• _TASK TO CARRY OUT_: In the entries below, spot each line with the word "where" and copy it.

• _DATA SUPPLIED_:
⟨

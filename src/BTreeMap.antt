-- ===== src/BTreeMap.antt =====
-- `std::collections::BTreeMap`: the entries in the order of their keys.
use rasputin.Prelude.{
  ℕ, ◌<◌, ◌≡◌, refl, ◌≢◌, Option, none, some, List, [], ◌∷◌, arith, Key, nat_key, ◌==◌,
  if◌then◌else◌,
}

abbrev pub BTreeMap {ℓ κ} : Type ℓ → Type κ → Type (ℓ ⊔ κ)
BTreeMap K V = List (K × V)

module _ {ℓ κ} {K : Type ℓ} {V : Type κ} ⦃k : Key K⦄ where
  unfoldable pub get : K → BTreeMap K V → Option V
  get q [] = none
  get q ((j, v) ∷ m) = if j == q then some v else get q m

  -- The insertion point is before the first greater key; an equal key has its value replaced.
  unfoldable pub insert : K → V → BTreeMap K V → BTreeMap K V
  insert q v [] = (q, v) ∷ []
  insert q v ((j, w) ∷ m) =
      if j == q
      then (q, v) ∷ m
      else if k.blt q j
      then (q, v) ∷ (j, w) ∷ m
      else (j, w) ∷ insert q v m

  unfoldable pub remove : K → BTreeMap K V → BTreeMap K V
  remove q [] = []
  remove q ((j, w) ∷ m) = if j == q then m else (j, w) ∷ remove q m

  pub get-insert :
      (p q : K) (v : V) (m : BTreeMap K V)
      → get p (insert q v m) ≡ (if q == p then some v else get p m)
  unfolding get insert
  get-insert p q v [] = refl
  get-insert p q v ((j, w) ∷ m) =
      ground (arith, k.beq_iff j q, k.beq_iff j p, k.beq_iff q p, get-insert p q v m)

  pub get-insert_ne : (p q : K) (v : V) (m : BTreeMap K V) → p ≢ q → get p (insert q v m) ≡ get p m
  get-insert_ne p q v m h = ground (arith, get-insert p q v m, k.beq_iff q p)

  pub get-remove_ne : (p q : K) (m : BTreeMap K V) → p ≢ q → get p (remove q m) ≡ get p m
  unfolding get remove
  get-remove_ne p q [] h = refl
  get-remove_ne p q ((j, w) ∷ m) h =
      ground (arith, k.beq_iff j q, k.beq_iff j p, get-remove_ne p q m h)

module _ {ℓ} {V : Type ℓ} where
  -- The keys rise along the list, from above `n`.
  abbrev pub Above : ℕ → BTreeMap ℕ V → Type 0
  Above n [] = Unit {0}
  Above n ((j, v) ∷ m) = (n < j) × Above j m

  pub get-Above : (n q : ℕ) (m : BTreeMap ℕ V) → Above n m → q < n → get q m ≡ none
  unfolding get
  get-Above n q [] a h = refl
  get-Above n q ((j, v) ∷ m) a h = ground (arith, get-Above j q m)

⟩

• _TASK RESPONSE_:
module _ {ℓ κ} {K : Type ℓ} {V : Type κ} ⦃k : Key K⦄ where
module _ {ℓ} {V : Type ℓ} where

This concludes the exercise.